- **EXERCISE REQUIREMENTS**: Search the records below for the string "absurd", and report each line that contains it.

*** Opening RECORD EXTRACTS ***

-- ===== src/Grpc/Stream/Reading.antt =====
-- What the certificate watcher of images/dataplane/src/grpc.rs makes of the files on the disk.
use argon.Prelude.{
  ℕ, ◌≡◌, refl, sym, subst, inl, inr, Bool, false, not, Option, some, List, arith, Bool-cases, ◌==◌,
  eq_iff, nat_eq, list_eq,
}
use argon.Grpc.Connect.{Connector, connect_fut}
use argon.Grpc.Watcher.{
  take_neither, WatchedFile, ca_file, client_file, key_file, Files, is_nil, notify_if, read_file,
  try_load_and_store,
}

-- What the files hold; a file that cannot be read is none.
pub record Disk : Type 0 where
  pub ca : Option (List ℕ)
  pub cert : Option (List ℕ)
  pub key : Option (List ℕ)

abbrev pub content : Disk → WatchedFile → Option (List ℕ)
content disk ca_file = disk.ca
content disk client_file = disk.cert
content disk key_file = disk.key

-- The next file is read, while the loop does not wait.
abbrev pub read_next : Disk → Files → Files
read_next disk f = read_file false (content disk f.reading) f

-- Each file is read once, from where the watcher is.
abbrev pub read_all : Disk → Files → Files
read_all disk f = read_next disk (read_next disk (read_next disk f))

-- A content that is there is stored, and reported if it is another one.
try_load_and_store-some :
    (bytes target : List ℕ)
    → is_nil bytes ≡ false
    → try_load_and_store (some bytes) target ≡ (bytes, not (bytes == target))
unfolding try_load_and_store
try_load_and_store-some bytes target there = elim (Bool-cases (bytes == target)) [
  | inl same ↦ ground (arith, eq_iff bytes target)
  | inr other ↦ ground arith
]

module _ (waiting : Bool) (bytes : List ℕ) (f : Files) (there : is_nil bytes ≡ false) where
  pub read_file-ca :
      f.reading ≡ ca_file
      → read_file waiting (some bytes) f ≡ record f {
        ca_pem = bytes;
        ca_updated = notify_if (not (bytes == f.ca_pem)) waiting f.ca_updated;
        reading = client_file;
      }
  unfolding read_file
  read_file-ca at = rw (at, try_load_and_store-some bytes f.ca_pem there) refl

  pub read_file-client :
      f.reading ≡ client_file
      → read_file waiting (some bytes) f ≡ record f {
        client_pem = bytes;
        client_pem_updated = notify_if (not (bytes == f.client_pem)) waiting f.client_pem_updated;
        reading = key_file;
      }
  unfolding read_file
  read_file-client at = rw (at, try_load_and_store-some bytes f.client_pem there) refl

  pub read_file-key :
      f.reading ≡ key_file
      → read_file waiting (some bytes) f ≡ record f {
        client_key_pem = bytes;
        client_pem_updated =
            notify_if (not (bytes == f.client_key_pem)) waiting f.client_pem_updated;
        reading = ca_file;
      }
  unfolding read_file
  read_file-key at = rw (at, try_load_and_store-some bytes f.client_key_pem there) refl

-- The files are the same but for the notifications.
pub record SameContents (f g : Files) : Type 0 where
  pub ca : f.ca_pem ≡ g.ca_pem
  pub cert : f.client_pem ≡ g.client_pem
  pub key : f.client_key_pem ≡ g.client_key_pem
  pub at : f.reading ≡ g.reading

pub SameContents-left : (f : Files) → SameContents (take_neither f) f
SameContents-left f = record { ca = refl; cert = refl; key = refl; at = refl }

SameContents-read_file :
    (waiting : Bool) (bytes : Option (List ℕ)) (f g : Files)
    → SameContents f g
    → SameContents (read_file waiting bytes f) (read_file waiting bytes g)
unfolding read_file
SameContents-read_file waiting bytes f g s = by_file g.reading refl
  where
    by_file :
        (w : WatchedFile)
        → g.reading ≡ w
        → SameContents (read_file waiting bytes f) (read_file waiting bytes g)
    by_file ca_file at = record {
      ca = ground (arith, s.at, s.ca);
      cert = ground (arith, s.at, s.cert);
      key = ground (arith, s.at, s.key);
      at = ground (arith, s.at);
    }
    by_file client_file at = record {
      ca = ground (arith, s.at, s.ca);
      cert = ground (arith, s.at, s.cert);
      key = ground (arith, s.at, s.key);
      at = ground (arith, s.at);
    }
    by_file key_file at = record {
      ca = ground (arith, s.at, s.ca);
      cert = ground (arith, s.at, s.cert);
      key = ground (arith, s.at, s.key);
      at = ground (arith, s.at);
    }

SameContents-read_next :
    (disk : Disk) (f g : Files)
    → SameContents f g
    → SameContents (read_next disk f) (read_next disk g)
SameContents-read_next disk f g s =
    subst (λ w. SameContents (read_file false (content disk w) f) (read_next disk g)) (sym s.at)
      (SameContents-read_file false (content disk g.reading) f g s)

pub SameContents-read_all :
    (disk : Disk) (f g : Files)
    → SameContents f g
    → SameContents (read_all disk f) (read_all disk g)
SameContents-read_all disk f g s =
    let s₁ = SameContents-read_next disk f g s in
    let s₂ = SameContents-read_next disk (read_next disk f) (read_next disk g) s₁ in
    SameContents-read_next disk (read_next disk (read_next disk f))
      (read_next disk (read_next disk g)) s₂

pub connect_fut-same :
    (c : Connector) (f g : Files) → SameContents f g → connect_fut c f ≡ connect_fut c g
unfolding connect_fut
connect_fut-same c f g s = rw (s.ca, s.cert, s.key) refl
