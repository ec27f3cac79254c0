-- ===== src/Grpc/Stream/Rotating.antt =====
-- New certificates for the connection of images/dataplane/src/grpc.rs while its stream is open.
use argon.Prelude.{
  ℕ, ◌≡◌, refl, ◌∙◌, Bool, true, false, not, Option, some, List, arith, ◌==◌, nat_eq, list_eq,
}
use argon.Text.{Text}
use argon.Rewrites.{HeaderName}
use argon.Cluster.{Counters}
use argon.Certs.{Tls}
use argon.Http.{ok}
use argon.Grpc.Watcher.{
  ca_file, client_file, key_file, Files, is_nil, notify_if, take_ca, take_client,
}
use argon.Grpc.Connect.{Connector, ClientTls, connect_fut}
use argon.Grpc.Stream.{
  connecting, streaming, Event, checked, ca_notified, client_notified, file_read, wait, Manager,
  step,
}
use argon.Grpc.Stream.Reading.{read_file-ca, read_file-client, read_file-key}

pub connect_fut-files :
    (c : Connector) (f : Files) (config : ClientTls)
    → connect_fut c f ≡ ok config
    → (config.ca_certificate ≡ f.ca_pem) × (config.identity ≡ (f.client_pem, f.client_key_pem))
unfolding connect_fut
connect_fut-files c f config e = (ground arith, ground arith)

-- The three contents, as the manager would have them.
abbrev pub loaded : (ca cert key : List ℕ) → Files → Files
loaded ca cert key f = record f { ca_pem = ca; client_pem = cert; client_key_pem = key }

-- One of the contents is not that of the manager.
pub data Change (ca cert key : List ℕ) (f : Files) : Type 0 where
  in_ca : (ca == f.ca_pem) ≡ false → Change ca cert key f
  in_certificate : (cert == f.client_pem) ≡ false → Change ca cert key f
  in_key : (key == f.client_key_pem) ≡ false → Change ca cert key f

-- The branch that the loop finds ready.
abbrev pub notification : {ca cert key : List ℕ} {f : Files} → Change ca cert key f → Event
notification (in_ca h) = ca_notified
notification (in_certificate h) = client_notified
notification (in_key h) = client_notified

used : {ca cert key : List ℕ} {f : Files} → Change ca cert key f → Files → Files
used (in_ca h) files = take_ca files
used (in_certificate h) files = take_client files
used (in_key h) files = take_client files

-- The files after a round, by what the loop did at each read.
module _ (ca cert key : List ℕ) (w₁ w₂ w₃ : Bool) (f : Files) where
  after_ca : Files
  after_ca = record f {
    ca_pem = ca;
    ca_updated = notify_if (not (ca == f.ca_pem)) w₁ f.ca_updated;
    reading = client_file;
  }

  after_cert : Files
  after_cert = record after_ca {
    client_pem = cert;
    client_pem_updated = notify_if (not (cert == f.client_pem)) w₂ f.client_pem_updated;
    reading = key_file;
  }

  after_key : Files
  after_key = record after_cert {
    client_key_pem = key;
    client_pem_updated =
        notify_if (not (key == f.client_key_pem)) w₃
          (notify_if (not (cert == f.client_pem)) w₂ f.client_pem_updated);
    reading = ca_file;
  }

module _ (counters : Counters) (header_name : Text → Option HeaderName) (tls : Tls) where
  abbrev State : Type 0
  State = Manager counters header_name tls

  with_files : State → Files → State
  with_files m files = record m { files = files }

  -- The events of a round.
  module _ (m : State) (got : Bool) (ca cert key : List ℕ) (w₁ w₂ w₃ : Bool)
      (at : m.phase ≡ streaming got) (watching : m.watching ≡ true)
      (there : (is_nil ca ≡ false) × (is_nil cert ≡ false) × (is_nil key ≡ false)) where
    reads_ca :
        m.files.reading ≡ ca_file
        → step counters header_name tls (file_read w₁ (some ca)) m
          ≡ some (with_files m (after_ca ca cert key w₁ w₂ w₃ m.files))
    unfolding step with_files after_ca
    reads_ca rests = ground (arith, read_file-ca w₁ ca m.files there.0 rests)

    reads_cert :
        step counters header_name tls
          (file_read w₂ (some cert))
          (with_files m (after_ca ca cert key w₁ w₂ w₃ m.files))
        ≡ some (with_files m (after_cert ca cert key w₁ w₂ w₃ m.files))
    unfolding step with_files after_cert after_ca
    reads_cert =
        ground
          (arith, read_file-client w₂ cert (after_ca ca cert key w₁ w₂ w₃ m.files) there.1 refl)

    reads_key :
        step counters header_name tls
          (file_read w₃ (some key))
          (with_files m (after_cert ca cert key w₁ w₂ w₃ m.files))
        ≡ some (with_files m (after_key ca cert key w₁ w₂ w₃ m.files))
    unfolding step with_files after_key after_cert after_ca
    reads_key =
        ground (arith, read_file-key w₃ key (after_cert ca cert key w₁ w₂ w₃ m.files) there.2 refl)

    notified :
        (changed : Change ca cert key m.files)
        → step counters header_name tls
            (notification changed)
            (with_files m (after_key ca cert key w₁ w₂ w₃ m.files))
          ≡ some (
              wait counters header_name tls
                (with_files m (used changed (after_key ca cert key w₁ w₂ w₃ m.files))))
    unfolding step with_files used after_key after_cert after_ca
    notified (in_ca h) = ground arith
    notified (in_certificate h) = ground arith
    notified (in_key h) = ground arith

  redialled : State → Files → ClientTls → State
  redialled m files config = record (wait counters header_name tls (with_files m files)) {
    phase = connecting config;
  }

  dials_lem :
      (m : State) (files : Files) (config : ClientTls)
      → m.cancelled ≡ false
      → connect_fut m.connector files ≡ ok config
      → step counters header_name tls checked (wait counters header_name tls (with_files m files))
        ≡ some (redialled m files config)
  unfolding step redialled with_files
  dials_lem m files config on dials = ground arith

  -- Only the contents matter.
  connect_fut-used :
      (c : Connector) (ca cert key : List ℕ) (w₁ w₂ w₃ : Bool) (f : Files)
      (changed : Change ca cert key f)
      → connect_fut c (used changed (after_key ca cert key w₁ w₂ w₃ f))
        ≡ connect_fut c (loaded ca cert key f)
  unfolding connect_fut used after_key after_cert after_ca
  connect_fut-used c ca cert key w₁ w₂ w₃ f (in_ca h) = refl
  connect_fut-used c ca cert key w₁ w₂ w₃ f (in_certificate h) = refl
  connect_fut-used c ca cert key w₁ w₂ w₃ f (in_key h) = refl

  -- If the watcher sleeps while a stream is open, the disk has a CA, a certificate and a key that
  -- are not empty, one of them is not the manager's, and they let it come to a connection, then the
  -- three reads of a round, whether the loop waits in its `select!` at each of them or not, leave a
  -- notification that the loop can take at once, and the next round of the loop dials with exactly
  -- the CA, the certificate and the key of the disk.
  pub round-dials :
      (m : State) (got : Bool) (ca cert key : List ℕ) (w₁ w₂ w₃ : Bool) (config : ClientTls)
      → m.phase ≡ streaming got
      → m.watching ≡ true
      → m.cancelled ≡ false
      → m.files.reading ≡ ca_file
      → (is_nil ca ≡ false) × (is_nil cert ≡ false) × (is_nil key ≡ false)
      → (changed : Change ca cert key m.files)
      → connect_fut m.connector (loaded ca cert key m.files) ≡ ok config
      → (m₁ : State) × (m₂ : State) × (n : State) × (o : State) × (p : State) × (step counters
            header_name tls
            (file_read w₁ (some ca))
            m
          ≡ some m₁)
        × (step counters header_name tls (file_read w₂ (some cert)) m₁ ≡ some m₂)
        × (step counters header_name tls (file_read w₃ (some key)) m₂ ≡ some n)
        × (step counters header_name tls (notification changed) n ≡ some o)
        × (step counters header_name tls checked o ≡ some p)
        × (p.phase ≡ connecting config)
        × (config.ca_certificate ≡ ca)
        × (config.identity ≡ (cert, key))
  unfolding redialled
  round-dials m got ca cert key w₁ w₂ w₃ config at watching on rests there changed dials =
      let files = used changed (after_key ca cert key w₁ w₂ w₃ m.files) in
      let (same_ca, identity) =
        connect_fut-files m.connector (loaded ca cert key m.files) config dials in
      (
        with_files m (after_ca ca cert key w₁ w₂ w₃ m.files),
        with_files m (after_cert ca cert key w₁ w₂ w₃ m.files),
        with_files m (after_key ca cert key w₁ w₂ w₃ m.files),
        wait counters header_name tls (with_files m files),
        redialled m files config,
        reads_ca m got ca cert key w₁ w₂ w₃ at watching there rests,
        reads_cert m got ca cert key w₁ w₂ w₃ at watching there,
        reads_key m got ca cert key w₁ w₂ w₃ at watching there,
        notified m got ca cert key w₁ w₂ w₃ at watching there changed,
        dials_lem m files config on
            (connect_fut-used m.connector ca cert key w₁ w₂ w₃ m.files changed ∙ dials),
        refl,
        same_ca,
        identity,
      )
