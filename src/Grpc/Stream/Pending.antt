-- ===== src/Grpc/Stream/Pending.antt =====
-- The permit of images/dataplane/src/grpc.rs for the CA that was loaded before the first stream.
use mathlib.Core.Option.{some-injective}
use argon.Prelude.{
  list_beq, ℕ, ◌≡◌, refl, subst, ◌≢◌, ◌⊎◌, inl, inr, Bool, true, false, Option, none, some, List,
  [], ◌∷◌, arith, nat_eq, list_eq,
}
use argon.Text.{Text}
use argon.Atomics.{Heap}
use argon.Rewrites.{HeaderName}
use argon.Cluster.{Counters}
use argon.Certs.{Tls}
use argon.Http.{Result-cases}
use argon.Grpc.Watcher.{
  WatchedFile, ca_file, client_file, key_file, is_nil, is_notified, take_ca, try_load_and_store,
  read_file,
}
use argon.Grpc.Connect.{Connector, connect_fut}
use argon.Grpc.Start.{start}
use argon.Grpc.Stream.Progress.{try_load_and_store-keeps}
use argon.Grpc.Stream.Dialling.{connect_fut-IsMutual}
use argon.Grpc.Stream.Rotating.{connect_fut-files}
use argon.Grpc.Stream.{
  Phase, loop_start, streaming, stopped, Event, checked, ca_notified, cancel, file_read,
  watcher_stopped, wait, Manager, step_loop, step, Reach, here, next,
}

-- The first content is reported.
try_load_and_store-first :
    (new : Option (List ℕ)) (target : List ℕ)
    → is_nil target ≡ true
    → (is_nil (try_load_and_store new target).0 ≡ true) ⊎ ((try_load_and_store new target).1 ≡ true)
unfolding try_load_and_store list_beq
try_load_and_store-first none target h = inl h
try_load_and_store-first (some []) target h = inl h
try_load_and_store-first (some (b ∷ bytes)) [] h = inr refl
try_load_and_store-first (some (b ∷ bytes)) (c ∷ target) h = absurd (ground arith)

-- The loop has dialled and has not come back.
abbrev pub is_dialled : Phase → Bool
is_dialled loop_start = false
is_dialled stopped = false
is_dialled p = true

module _ (counters : Counters) (header_name : Text → Option HeaderName) (tls : Tls) where
  abbrev State : Type 0
  State = Manager counters header_name tls

  -- The run has an event at which the loop takes the permit for the CA.
  abbrev pub taken : {m o : State} → Reach counters header_name tls m o → Bool
  taken here = false
  taken (next ca_notified r s) = true
  taken (next e r s) = taken r

  -- The CA is not loaded, or its permit is there; it is loaded where the loop has dialled.
  record IsPending (m : State) : Type 0 where
    permit : (is_nil m.files.ca_pem ≡ true) ⊎ (is_notified m.files.ca_updated ≡ true)
    loaded : is_dialled m.phase ≡ true → is_nil m.files.ca_pem ≡ false

  loop-IsPending :
      (p : Phase) (e : Event) (m o : State)
      → m.phase ≡ p
      → e ≢ ca_notified
      → IsPending m
      → step_loop counters header_name tls p e m ≡ some o
      → IsPending o
  unfolding step
  loop-IsPending loop_start checked m o at other h s =
      elim (Result-cases (connect_fut m.connector m.files)) [
        | inl (config, e) ↦
            let (ca, _) = connect_fut-files m.connector m.files config e in
            let mutual_tls = connect_fut-IsMutual m.connector m.files config e in
            record {
              permit = ground (arith, h.permit);
              loaded = λ dialled. ground (arith, mutual_tls.has_ca, ca);
            }
        | inr (error, e) ↦ record {
          permit = ground (arith, h.permit);
          loaded = λ dialled. absurd (ground arith);
        }
      ]
  loop-IsPending loop_start e m o at other h s = absurd (ground arith)
  loop-IsPending (streaming got) ca_notified m o at other h s = absurd (other refl)
  loop-IsPending (streaming got) e m o at other h s = record {
    permit = ground (arith, h.permit);
    loaded = λ dialled. ground (arith, h.loaded);
  }
  loop-IsPending p e m o at other h s = record {
    permit = ground (arith, h.permit);
    loaded = λ dialled. ground (arith, h.loaded);
  }

  read-IsPending :
      (waiting : Bool) (content : Option (List ℕ)) (m : State)
      → IsPending m
      → IsPending (record m { files = read_file waiting content m.files })
  unfolding read_file
  read-IsPending waiting content m h = record {
    permit = permit m.files.reading refl h.permit;
    loaded = λ dialled. loaded m.files.reading refl (h.loaded dialled);
  }
    where
      permit :
          (w : WatchedFile)
          → m.files.reading ≡ w
          → (is_nil m.files.ca_pem ≡ true) ⊎ (is_notified m.files.ca_updated ≡ true)
          → (is_nil (read_file waiting content m.files).ca_pem ≡ true)
            ⊎ (is_notified (read_file waiting content m.files).ca_updated ≡ true)
      permit ca_file at (inl empty) = elim (try_load_and_store-first content m.files.ca_pem empty) [
        | inl still ↦ inl (ground arith)
        | inr first ↦ inr (ground arith)
      ]
      permit ca_file at (inr there) = inr (ground arith)
      permit client_file at old = ground arith
      permit key_file at old = ground arith

      loaded :
          (w : WatchedFile)
          → m.files.reading ≡ w
          → is_nil m.files.ca_pem ≡ false
          → is_nil (read_file waiting content m.files).ca_pem ≡ false
      loaded ca_file at there =
          ground (arith, try_load_and_store-keeps content m.files.ca_pem there)
      loaded client_file at there = ground arith
      loaded key_file at there = ground arith

  step-IsPending :
      (e : Event) (m o : State)
      → e ≢ ca_notified
      → IsPending m
      → step counters header_name tls e m ≡ some o
      → IsPending o
  unfolding step
  step-IsPending cancel m o other h s =
      subst IsPending (some-injective (record m { cancelled = true }) o s)
        (record { permit = h.permit; loaded = h.loaded })
  step-IsPending (file_read waiting content) m o other h s =
      subst IsPending
        (some-injective (record m { files = read_file waiting content m.files }) o (ground arith))
        (read-IsPending waiting content m h)
  step-IsPending watcher_stopped m o other h s = record {
    permit = ground (arith, h.permit);
    loaded = λ dialled. ground (arith, h.loaded);
  }
  step-IsPending e m o other h s = loop-IsPending m.phase e m o refl other h s

  Reach-IsPending :
      (c : Connector) (h : Heap) (m : State)
      (r : Reach counters header_name tls (start counters header_name tls c h) m)
      → taken r ≡ false
      → IsPending m
  unfolding start
  Reach-IsPending c h m here first = record {
    permit = inl refl;
    loaded = λ dialled. absurd (ground arith);
  }
  Reach-IsPending c h m (next ca_notified r s) first = absurd (ground arith)
  Reach-IsPending c h m (next {n} e r s) first =
      step-IsPending e n m (λ same. absurd (ground arith)) (Reach-IsPending c h n r first) s

  -- In every run from the start in which the loop has taken no notification for the CA, an open
  -- stream finds one there, so the loop can leave the stream at once and goes into the sleep before
  -- a reconnect.
  pub Reach-permit :
      (c : Connector) (h : Heap) (m : State) (got : Bool)
      (r : Reach counters header_name tls (start counters header_name tls c h) m)
      → m.phase ≡ streaming got
      → taken r ≡ false
      → step counters header_name tls ca_notified m
        ≡ some (wait counters header_name tls (record m { files = take_ca m.files }))
  unfolding step
  Reach-permit c h m got r at first =
      let p = Reach-IsPending c h m r first in ground (arith, p.permit, p.loaded)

*** Closing RECORD EXTRACTS ***

- **ANSWER SECTION**:
try_load_and_store-first (some (b ∷ bytes)) (c ∷ target) h = absurd (ground arith)
          loaded = λ dialled. absurd (ground arith);
  loop-IsPending loop_start e m o at other h s = absurd (ground arith)
  loop-IsPending (streaming got) ca_notified m o at other h s = absurd (other refl)
    loaded = λ dialled. absurd (ground arith);
  Reach-IsPending c h m (next ca_notified r s) first = absurd (ground arith)
      step-IsPending e n m (λ same. absurd (ground arith)) (Reach-IsPending c h n r first) s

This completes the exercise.